Just wanted to post my favourite photo from NAMM. Trying out the ERB is Wena Velasco, a 5 string metal bassist with a talent for tapping.
https://www.facebook.com/svsinstruments
Photo by James Patrick Reed (Reed James Custom Pickups).


----------



## octatoan (Feb 2, 2015)

That body . . . I think I'll pass. Hope she makes some cool music with it, though!


----------



## 77zark77 (Feb 2, 2015)




----------



## HaMMerHeD (Feb 2, 2015)

Yeah, no thanks. I can scarcely imagine a less practical, playable design.


----------



## Danukenator (Feb 2, 2015)

That may be the ugliest bass I've ever seen. I'd take a broken-ass Wish over that.


----------



## House74 (Feb 2, 2015)

Seems to not be too popular so far, but I am a sucker for weird body shapes, and have always wanted a Draco V, so I cant lie I love this thing and would be very interested to see someone playing it. And if for nothing else but the fact that it is literally bigger than her!


----------



## Necris (Feb 2, 2015)

SVS make garbage and all of their designs look like they were made by the hungry caterpillar.


----------



## HaMMerHeD (Feb 2, 2015)

House74 said:


> Seems to not be too popular so far, but I am a sucker for weird body shapes, and have always wanted a Draco V, so I cant lie I love this thing and would be very interested to see someone playing it.

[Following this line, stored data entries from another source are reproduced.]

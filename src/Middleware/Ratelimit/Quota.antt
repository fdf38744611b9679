-- ===== src/Middleware/Ratelimit/Quota.antt =====
-- What a bucket admits over time, under the law of a token bucket for each limiter.
use mathlib.Core.Path.{subst}
use go_infrastructure.Prelude.{
  ℕ, ◌+◌, ◌*◌, ◌≤◌, ◌≡◌, refl, sym, ap, arith, Bool, false, Bool-cases, inl, inr, Option, none,
  some, Option-cases, List, [], ◌∷◌, pos, GoString, eq_str, eq_str_iff, eq_str_refl, lookup,
  lookup-insert, ◌&&◌, if◌then◌else◌,
}
use go_infrastructure.Kratos.Defs.{Platform}
use go_infrastructure.Middleware.Handler.{Context, returned, Handler, operation_of}
use go_infrastructure.Middleware.Ratelimit.{
  Net, Bucket, new_bucket, allow, limiter_for, Options, skips, key_of, serve, Holder,
  err_too_many_requests,
}

-- Credit is counted in 1 / 10^9 tokens, time in nanoseconds, so that a rate of r tokens in a second
-- is r units of credit in a nanosecond.
abbrev pub token : ℕ
token = 1_000_000_000

-- The law of a token bucket, as x/time/rate documents it: it holds at most `burst` tokens at first,
-- gains at most `rate` tokens in a second, and an event that it allows takes one out.
pub record IsTokenBucket (N : Net) (rate : N.Limiter → ℕ) (credit : ℕ → N.Limiter → ℕ)
    : Type 0 where
  pub rate-new : (r b : ℕ) → rate (N.new_limiter (pos r) (pos b)) ≡ r
  pub credit-new : (t r b : ℕ) → credit t (N.new_limiter (pos r) (pos b)) ≤ b * token
  pub refill : (t d : ℕ) (l : N.Limiter) → credit (t + d) l ≤ credit t l + rate l * d
  pub rate-allow : (t : ℕ) (l : N.Limiter) → rate (N.allow_at t l).1 ≡ rate l
  pub spend :
      (t : ℕ) (l : N.Limiter)
      → credit t (N.allow_at t l).1 + (if (N.allow_at t l).0 then token else 0) ≤ credit t l

module _ (N : Net) where
  -- How often a sequence of requests, each at a time behind the one before it, is admitted under
  -- the key `k`; and the time that the sequence takes.
  unfoldable pub admitted : GoString → ℕ → List (ℕ × GoString) → Bucket N → ℕ
  admitted k t [] b = 0
  admitted k t ((d, key) ∷ rs) b =
      let (ok, b') = allow N (t + d) key b in
      (if ok && eq_str key k then 1 else 0) + admitted k (t + d) rs b'

  unfoldable pub elapsed : List (ℕ × GoString) → ℕ
  elapsed [] = 0
  elapsed ((d, key) ∷ rs) = d + elapsed rs

module _ (N : Net) (rate : N.Limiter → ℕ) (credit : ℕ → N.Limiter → ℕ)
    (law : IsTokenBucket N rate credit) (r burst : ℕ) where
  -- The credit that a key has at a time: that of its limiter, or a full bucket.
  available : ℕ → Option N.Limiter → ℕ
  available t none = burst * token
  available t (some l) = credit t l

  record IsConfigured (b : Bucket N) (k : GoString) : Type 0 where
    rps : b.rps ≡ pos r
    size : b.burst ≡ pos burst
    rated : (l : N.Limiter) → lookup k b.limiters ≡ some l → rate l ≡ r

  limiter_for-credit :
      (k : GoString) (t d : ℕ) (b : Bucket N)
      → IsConfigured b k
      → (credit (t + d) (limiter_for N b k) ≤ available t (lookup k b.limiters) + r * d)
        × (rate (limiter_for N b k) ≡ r)
  unfolding limiter_for available
  limiter_for-credit k t d b c = elim (Option-cases (lookup k b.limiters)) [
    | inl n ↦
        rw (n, limiter_for, available, c.rps, c.size)
          (omega (arith, law.credit-new (t + d) r burst), law.rate-new r burst)
    | inr (l, s) ↦
        rw (s, limiter_for, available)
          (omega (arith, law.refill t d l, ap (λ (x : ℕ). x * d) (c.rated l s)), c.rated l s)
  ]

  allow-lookup :
      (k key : GoString) (t : ℕ) (b : Bucket N)
      → lookup k (allow N t key b).1.limiters ≡ (
          if eq_str key k then some (N.allow_at t (limiter_for N b key)).1 else lookup k b.limiters)
  unfolding allow
  allow-lookup k key t b = lookup-insert key k _ b.limiters

  allow-verdict :
      (key : GoString) (t : ℕ) (b : Bucket N)
      → (allow N t key b).0 ≡ (N.allow_at t (limiter_for N b key)).0
  unfolding allow
  allow-verdict key t b = refl

  available_grows :
      (k : GoString) (t d : ℕ) (b : Bucket N)
      → IsConfigured b k
      → available (t + d) (lookup k b.limiters) ≤ available t (lookup k b.limiters) + r * d
  unfolding available
  available_grows k t d b c = elim (Option-cases (lookup k b.limiters)) [
    | inl n ↦ rw (n, available) (omega arith)
    | inr (l, s) ↦
        rw (s, available) (omega (arith, law.refill t d l, ap (λ (x : ℕ). x * d) (c.rated l s)))
  ]

  -- What one request under `key` leaves to the key `k`, with the token that it may take.
  abbrev Leaves : GoString → GoString → ℕ → ℕ → Bucket N → Type 0
  Leaves k key t d b =
      available (t + d) (lookup k (allow N (t + d) key b).1.limiters)
        + (if (allow N (t + d) key b).0 && eq_str key k then token else 0)
      ≤ available t (lookup k b.limiters) + r * d

  allow-credit_self : (k : GoString) (t d : ℕ) (b : Bucket N) → IsConfigured b k → Leaves k k t d b
  unfolding available
  allow-credit_self k t d b c =
      rw (allow-lookup k k (t + d) b, allow-verdict k (t + d) b, eq_str_refl k, available)
        (ground (arith, law.spend (t + d) (limiter_for N b k), (limiter_for-credit k t d b c).0))

  allow-credit : (k key : GoString) (t d : ℕ) (b : Bucket N) → IsConfigured b k → Leaves k key t d b
  allow-credit k key t d b c = elim (Bool-cases (eq_str key k)) [
    | inl same ↦
        subst (λ x. Leaves k x t d b) (sym ((eq_str_iff key k).0 same))
          (allow-credit_self k t d b c)
    | inr other ↦
        rw (allow-lookup k key (t + d) b, other) (ground (arith, available_grows k t d b c))
  ]

  rated_self :
      (k : GoString) (t : ℕ) (b : Bucket N)
      → IsConfigured b k
      → (l : N.Limiter) → lookup k (allow N t k b).1.limiters ≡ some l
      → rate l ≡ r
  rated_self k t b c l s = ground (
    arith,
    allow-lookup k k t b,
    eq_str_refl k,
    law.rate-allow t (limiter_for N b k),
    (limiter_for-credit k t 0 b c).1,
  )

  allow-IsConfigured :
      (k key : GoString) (t : ℕ) (b : Bucket N)
      → IsConfigured b k
      → IsConfigured (allow N t key b).1 k
  unfolding allow
  allow-IsConfigured k key t b c = record {
    rps = c.rps;
    size = c.size;
    rated = λ l s. elim (Bool-cases (eq_str key k)) [
      | inl same ↦
          rated_self k t b c l (
            subst (λ x. lookup k (allow N t x b).1.limiters ≡ some l) ((eq_str_iff key k).0 same) s)
      | inr other ↦ c.rated l (rw (allow-lookup k key t b, other) at s)
    ];
  }

  quota :
      (k : GoString) (t : ℕ) (rs : List (ℕ × GoString)) (b : Bucket N)
      → IsConfigured b k
      → admitted N k t rs b * token ≤ available t (lookup k b.limiters) + r * elapsed N rs
  unfolding admitted elapsed
  quota k t [] b c = omega arith
  quota k t ((d, key) ∷ rs) b c =
      let one = allow-credit k key t d b c in
      let rest =
        quota k (t + d) rs (allow N (t + d) key b).1 (allow-IsConfigured k key (t + d) b c) in
      ground arith

  -- Requests that arrive in any order and under any keys, at times that do not go back, get at most
  -- `burst + r * T` of them admitted under one key in a time T from a new bucket (counted in
  -- 1 / 10^9 tokens, with T in nanoseconds), when each limiter is a token bucket.
  pub admitted-le :
      (k : GoString) (t : ℕ) (rs : List (ℕ × GoString))
      → admitted N k t rs (new_bucket N (pos r) (pos burst)) * token
        ≤ burst * token + r * elapsed N rs
  unfolding new_bucket lookup available
  admitted-le k t rs =
      quota k t rs (new_bucket N (pos r) (pos burst))
        (record { rps = refl; size = refl; rated = λ l s. cc })

module _ (N : Net) (P : Platform) where
  open P use {Any, of_kratos, code, code-new_error}

  -- Outside the skipped operations a request that finds its bucket empty is answered, with any
  -- handler, by a kratos error of code 429, and only the bucket is set. One that finds a token is
  -- answered as the handler answers it, in a world where only the bucket is set.
  pub serve_limited :
      {S : Type 0} (holder : Holder N P S) (o : Options N P) (h : Handler P S) (ctx : Context Any)
      (req : Any) (s : S) (b' : Bucket N) (ok : Bool)
      → skips N P o.skip (operation_of P ctx) ≡ false
      → allow N (holder.now s) (key_of N P o ctx (operation_of P ctx)) (holder.bucket s) ≡ (ok, b')
      → (serve N P holder o h ctx req s ≡ (
          if ok then h ctx req (holder.set_bucket b' s) else (
            returned none (some (of_kratos (err_too_many_requests N P))),
            holder.set_bucket b' s,
          )))
        × (code (err_too_many_requests N P) ≡ 429)
  unfolding serve
  serve_limited holder o h ctx req s b' ok e a = (rw (e, a), code-new_error _ _ _)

And if for nothing else but the fact that it is literally bigger than her!



It's the same maker as this turd:

http://www.sevenstring.org/forum/ba...7-long-awaited-arrival-death-machine-nbd.html


----------



## Alex Kenivel (Feb 2, 2015)

Necris said:


> made by the hungry caterpillar.


----------



## jephjacques (Feb 2, 2015)

nice surfboard


----------



## Grief (Feb 2, 2015)

SVS seem to have some interesting ideas but awful body shapes and, from the linked example, don't seem to be up to delivering the goods.

The V in the body of that bass in the OP makes it look like and offcut from a giant wooden circumcised c*ck.


----------



## House74 (Feb 2, 2015)

oh snap yeah I saw that post about the green one before and wasn't aware that was the same company. I still stand by digging the body shape but like I said I know it's not for everyone. But the quality issues I saw on that green one, yeah i'd be out on this for sure.


----------



## asher (Feb 2, 2015)

Anything below fret 5 or 7 on that thing looks completely useless.


----------



## SD83 (Feb 2, 2015)

There's something seriously wrong with your instrument if there is (almost) more wood in the headstock than in the body, maybe that's just me. But there is something about huge basses and tiny women...


----------



## isispelican (Feb 2, 2015)

why


----------



## TemjinStrife (Feb 2, 2015)




----------



## Dayn (Feb 2, 2015)

Yeah, I don't like the look at _all_ but I love it anyway because the design behind it was '.... it I'm making this monstrosity and you can all shove it'.


----------



## GenghisCoyne (Feb 2, 2015)

Just to bring this more into perspective: the girl is 6 foot 13 inches


----------



## Hollowway (Feb 2, 2015)

It takes a lot to make an ERG that I don't like. But SVS has succeeded!  Good god, that is the worse proportioned body I have ever seen. Will those scrawny legs even support the body weight? Shame. 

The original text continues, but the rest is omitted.